# Ruger LCR



## nailer (Apr 26, 2009)

I took a look at this new revolver from Ruger today. It is soooo light in weight. I don't think you would shoot it a lot at the range, but it conceals nicely. Does anyone have experience with it? It was priced at $399.


----------



## nailer (Apr 26, 2009)

Sorry, Todd, this should be in the Ruger section.


----------



## Todd (Jul 3, 2006)

nailer said:


> Sorry, Todd, this should be in the Ruger section.


Fixed! :smt023


----------



## Pistolero (Mar 6, 2009)

Our local shop won't get them until mid June. I'd love to have one in an ankle holster right now, though...


----------



## yogiboobooranger (Jun 10, 2009)

*What a steal!!*

Wow, you got that revolver quite cheap. They go for $499.00 or there abouts here locally in Northern Indiana. As far as shooting it much, why not? It is rated for +p ammo, so loader her up with target ammo and have at it. Use 158 grain ammo as I believe this is what the factory uses to sight it in for POA at 15 yards. I say this from past reading on the gun.


----------



## kev74 (Mar 22, 2008)

That's a good price.

From what I've read, it seems like the plastic in the frame of the gun flexes to take some of the jolt out of the recoil. If it works as well as they say, it should be a nice gun.


----------



## DevilsJohnson (Oct 21, 2007)

I've talked to a lot of people that have really liked them. They seem to work very well. I can't see myself with one because I think they make a lock look like a prom queen:anim_lol: but they do seem to operate quite well.


----------



## Tuefelhunden (Nov 20, 2006)

I have not shot or even had a chance to check one out yet but I have also read reports that people are shocked at the low amount of recoil compared to say a 642 like I have and use. 642 is stout but not bad. With +P's though I would not consider it range fun. LCR isn't much of a looker to me but Ruger may on to somthing with how it operates. Be curious to see some durability reports once people have a chance to put some miles on them. $399 seems fair considering a SP101 costs $410 and upwards now in my neck of the woods.


----------



## clanger (Jan 27, 2009)

I dont think well ever see one out here in SoCal. 
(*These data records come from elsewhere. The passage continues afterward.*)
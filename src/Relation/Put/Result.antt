-- ===== src/Relation/Put/Result.antt =====
-- What `putEntry` must leave at a node for the whole insertion to be right: the specification of
-- its two outcomes.
use deep_spec_db.Base.{
  ℕ, zero, suc, ◌+◌, ◌≤◌, ◌<◌, ◌≡◌, refl, ap, Bool, false, some, List, [], ◌∷◌, ◌++◌, arith, length,
  ◌∙◌, inl, inr, ltb, ◌==◌, Bool-cases,
}
use deep_spec_db.Relation.{Node, Ancestors}
use deep_spec_db.Relation.Search.{move_to_key}
use deep_spec_db.Relation.Contents.{to_list, insert}
use deep_spec_db.Relation.Insertion.{insert-below, insert-above}
use deep_spec_db.Relation.Order.{Ascends, Ascends-le, IsOrdered, IsSized}
use deep_spec_db.Relation.Put.{Put, done, split}
use deep_spec_db.Relation.Slot.{below-Ascends}

module _ {ℓ} (V : Type ℓ) where
  -- The records below an ordered node ascend between its bounds.
  pub to_list-Ascends :
      (d : ℕ) (n : Node V d) (lo : ℕ) (first : Bool) (hi : ℕ) (last : Bool)
      → IsOrdered V d n lo first hi last
      → Ascends lo hi (to_list V d n)
  unfolding to_list
  to_list-Ascends zero n lo first hi last h = h.0
  to_list-Ascends (suc d) n lo first hi last h =
      below-Ascends (IsOrdered V d) (to_list V d) (to_list-Ascends d) lo first hi last n.ptr0
        n.entries h.1

  pub IsOrdered-le :
      (d : ℕ) (n : Node V d) (lo : ℕ) (first : Bool) (hi : ℕ) (last : Bool)
      → IsOrdered V d n lo first hi last
      → lo ≤ hi
  IsOrdered-le d n lo first hi last h =
      Ascends-le lo hi (to_list V d n) (to_list-Ascends d n lo first hi last h)

  -- Insertion between records with smaller and with greater keys.
  pub insert-middle :
      (key : ℕ) (v : V) (lo low high hi : ℕ) (pre xs post : List (ℕ × V))
      → Ascends lo low pre
      → low ≤ key
      → key < high
      → Ascends high hi post
      → insert key v (pre ++ (xs ++ post)) ≡ pre ++ (insert key v xs ++ post)
  unfolding insert
  insert-middle key v lo low high hi [] [] [] a l u b = refl
  insert-middle key v lo low high hi [] [] (e ∷ post) a l u b =
      insert-below key v e post (omega arith)
  insert-middle key v lo low high hi [] (x ∷ xs) post a l u b = elim (Bool-cases (ltb key x.0)) [
    | inl lt ↦ rw lt
    | inr ge ↦ elim (Bool-cases (key == x.0)) [
      | inl eq ↦ rw (ge, eq)
      | inr ne ↦
          rw (ge, ne)
            (ap (λ (t : List (ℕ × V)). x ∷ t)
              (insert-middle key v lo low high hi [] xs post a l u b))
    ]
  ]
  insert-middle key v lo low high hi (e ∷ pre) xs post a l u b =
      insert-above key v e _ (omega (arith, Ascends-le (suc e.0) low pre a.1))
      ∙ ap (λ (t : List (ℕ × V)). e ∷ t)
          (insert-middle key v (suc e.0) low high hi pre xs post a.1 l u b)

module _ {ℓ} (V : Type ℓ) (d : ℕ) (n : Node V d) (key : ℕ) (v : V) (lo : ℕ) (first : Bool) (hi : ℕ)
    (last : Bool) where
  pub record IsDone (least : ℕ) (n' : Node V d) (p : Ancestors d) (count : ℕ) : Type ℓ where
    pub ordered : IsOrdered V d n' lo first hi last
    pub sized : IsSized V d least n'
    pub records : to_list V d n' ≡ insert key v (to_list V d n)
    pub counted : length (to_list V d n') ≡ length (to_list V d n) + count
    pub cursor : move_to_key V d n' key ≡ some p

  pub record IsSplit (a : Node V d) (k : ℕ) (b : Node V d) : Type ℓ where
    pub above : lo < k
    pub under : k < hi
    pub left : IsOrdered V d a lo first k false
    pub right : IsOrdered V d b k false hi last
    pub sized_left : IsSized V d 7 a
    pub sized_right : IsSized V d 7 b
    pub records : to_list V d a ++ to_list V d b ≡ insert key v (to_list V d n)
    pub counted : length (to_list V d a ++ to_list V d b) ≡ length (to_list V d n) + 1

  abbrev pub IsPut : ℕ → Put V d → Type ℓ
  IsPut least (done n' p count) = IsDone least n' p count
  IsPut least (split a k b) = IsSplit a k b
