-- ===== src/Relation/Put/Children.antt =====
-- The entries of an intern node after a change of one child, and the descent through the node.
use deep_spec_db.Base.{
  ℕ, zero, suc, ◌≤◌, ◌<◌, ◌≡◌, refl, ap, sym, ◌∙◌, Bool, some, List, [], ◌∷◌, ◌++◌, append_assoc,
  arith, length, insert_at, lt→ltb, ◌>>=◌, get_elem?, subst,
}
use mathlib.Core.Option.{some-injective}
use deep_spec_db.Relation.{BtNode, Node, Ancestors, num_keys}
use deep_spec_db.Relation.Search.{child_index, find_child_index, child, move_to_key}
use deep_spec_db.Relation.Contents.{flat, to_list}
use deep_spec_db.Relation.Order.{All, IsOrdered}
use deep_spec_db.Relation.Slot.{slot}
use deep_spec_db.Relation.Put.{set_ptr, set_child}
use deep_spec_db.Relation.Put.Result.{to_list-Ascends}

module _ {ℓ} {A : Type ℓ} where
  child_index-set_ptr :
      (key : ℕ) (es : List (ℕ × A)) (i : ℕ) (a : A)
      → child_index key (set_ptr es i a) ≡ child_index key es
  unfolding child_index set_ptr
  child_index-set_ptr key [] i a = refl
  child_index-set_ptr key (e ∷ es) zero a = refl
  child_index-set_ptr key (e ∷ es) (suc i) a = rw (child_index-set_ptr key es i a)

  pub child_index-set_child :
      (key : ℕ) (n : BtNode A A) (i : ℕ) (a : A)
      → child_index key (set_child n i a).entries ≡ child_index key n.entries
  unfolding set_child
  child_index-set_child key n zero a = refl
  child_index-set_child key n (suc i) a = child_index-set_ptr key n.entries i a

  pub child_index-le : (key : ℕ) (es : List (ℕ × A)) → child_index key es ≤ length es
  unfolding child_index
  child_index-le key [] = omega arith
  child_index-le key (e ∷ es) = ground (arith, child_index-le key es)

  length-set_ptr : (es : List (ℕ × A)) (i : ℕ) (a : A) → length (set_ptr es i a) ≡ length es
  unfolding set_ptr
  length-set_ptr [] i a = refl
  length-set_ptr (e ∷ es) zero a = refl
  length-set_ptr (e ∷ es) (suc i) a = ap suc (length-set_ptr es i a)

  pub length-set_child :
      (n : BtNode A A) (i : ℕ) (a : A) → length (set_child n i a).entries ≡ length n.entries
  unfolding set_child
  length-set_child n zero a = refl
  length-set_child n (suc i) a = length-set_ptr n.entries i a

  All-set_ptr :
      (Q : A → Type 0) (es : List (ℕ × A)) (i : ℕ) (a : A) → All Q es → Q a → All Q (set_ptr es i a)
  unfolding set_ptr
  All-set_ptr Q [] i a h q = tt
  All-set_ptr Q (e ∷ es) zero a h q = (q, h.1)
  All-set_ptr Q (e ∷ es) (suc i) a h q = (h.0, All-set_ptr Q es i a h.1 q)

  pub All-set_child :
      (Q : A → Type 0) (n : BtNode A A) (i : ℕ) (a : A)
      → Q n.ptr0
      → All Q n.entries
      → Q a
      → Q (set_child n i a).ptr0 × All Q (set_child n i a).entries
  unfolding set_child
  All-set_child Q n zero a p h q = (q, h)
  All-set_child Q n (suc i) a p h q = (p, All-set_ptr Q n.entries i a h q)

  pub All-insert_at :
      (Q : A → Type 0) (i : ℕ) (e : ℕ × A) (es : List (ℕ × A))
      → Q e.1
      → All Q es
      → All Q (insert_at i e es)
  All-insert_at Q zero e es q h = (q, h)
  All-insert_at Q (suc i) e [] q h = (q, tt)
  All-insert_at Q (suc i) e (x ∷ es) q h = (h.0, All-insert_at Q i e es q h.1)

  All-get_elem? :
      (Q : A → Type 0) (es : List (ℕ × A)) (i : ℕ) (c : A)
      → (get_elem? es i >>= λ e. some e.1) ≡ some c
      → All Q es
      → Q c
  All-get_elem? Q [] i c h a = cc
  All-get_elem? Q (e ∷ es) zero c h a = subst Q (some-injective e.1 c h) a.0
  All-get_elem? Q (e ∷ es) (suc i) c h a = All-get_elem? Q es i c h a.1

  -- What holds of all the children holds of the one at a position.
  pub All-child :
      (Q : A → Type 0) (n : BtNode A A) (i : ℕ) (c : A)
      → child n i ≡ some c
      → Q n.ptr0
      → All Q n.entries
      → Q c
  unfolding child
  All-child Q n zero c h p a = subst Q (some-injective n.ptr0 c h) p
  All-child Q n (suc i) c h p a = All-get_elem? Q n.entries i c h a

  pub flat-append {κ} :
      {X : Type κ} (g : A → List X) (a b : List (ℕ × A)) → flat g (a ++ b) ≡ flat g a ++ flat g b
  unfolding flat
  flat-append g [] b = refl
  flat-append g (e ∷ a) b =
      ap (λ (t : List _). g e.1 ++ t) (flat-append g a b) ∙ sym (append_assoc (g e.1) _ _)

module _ {ℓ} (V : Type ℓ) where
  -- One step of the descent.
  pub move_to_key_step :
      (d : ℕ) (n : Node V (suc d)) (key : ℕ) (c : Node V d) (p : Ancestors d)
      → 0 < num_keys n
      → child n (child_index key n.entries) ≡ some c
      → move_to_key V d c key ≡ some p
      → move_to_key V (suc d) n key ≡ some (child_index key n.entries, p)
  unfolding move_to_key find_child_index
  move_to_key_step d n key c p pos at_c at_p = rw (lt→ltb _ _ pos, at_c, ◌>>=◌, at_p)

  -- The descent to a key within the bounds of an ordered tree reaches a leaf, with no failed
  -- `assert` and no access out of an array.
  pub move_to_key_total :
      (d : ℕ) (n : Node V d) (lo : ℕ) (first : Bool) (hi : ℕ) (last : Bool) (key : ℕ)
      → IsOrdered V d n lo first hi last
      → lo ≤ key
      → key < hi
      → (p : Ancestors d) × (move_to_key V d n key ≡ some p)
  unfolding move_to_key
  move_to_key_total zero n lo first hi last key h l u = (_, refl)
  move_to_key_total (suc d) n lo first hi last key h l u =
      let s =
        slot (IsOrdered V d) (to_list V d) (to_list-Ascends V d) n lo first hi last key n.ptr0
          n.entries l u h.1 in
      let below =
        move_to_key_total d s.here s.low s.at_first s.high s.at_last key s.good s.low_le s.key_lt in
      (_, move_to_key_step d n key s.here below.0 h.0 s.at_child below.1)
I've been calling and calling- no one has even seen one and they are all allocated and Ruger say's it's a limited production item. 

I'd kill to get my hands on one of those lil nippers.


----------



## Bishop746 (Apr 4, 2008)

Heres an audio review of the LCR if your interested.

http://proarms.podbean.com/2009/04/12/025-review-of-the-ruger-lcr/


----------



## jamstutz (Jan 5, 2007)

*Ruger LCR review*

The following is a review I did on the LCR for another forum. Part of it refers back to a prior post where one person wondered why the LCR weighed more than his S&W 340 since it was part polymer--he thought the LCR should only weigh about 10 oz.:

I got an LCR a couple weeks ago and I have to say--I'm impressed. I've shot and carried all manner of pocket guns from Seecamps to Walthers, Kahrs to Kel-Tecs, but I've always gone back to my S&W 642 because of its inherant reliability and easy portability. It just seems like all of the tiny semis eventually have issues, if not with design, at least with variations in ammo, and in today's market your ammo of choice may just be whatever you can find available.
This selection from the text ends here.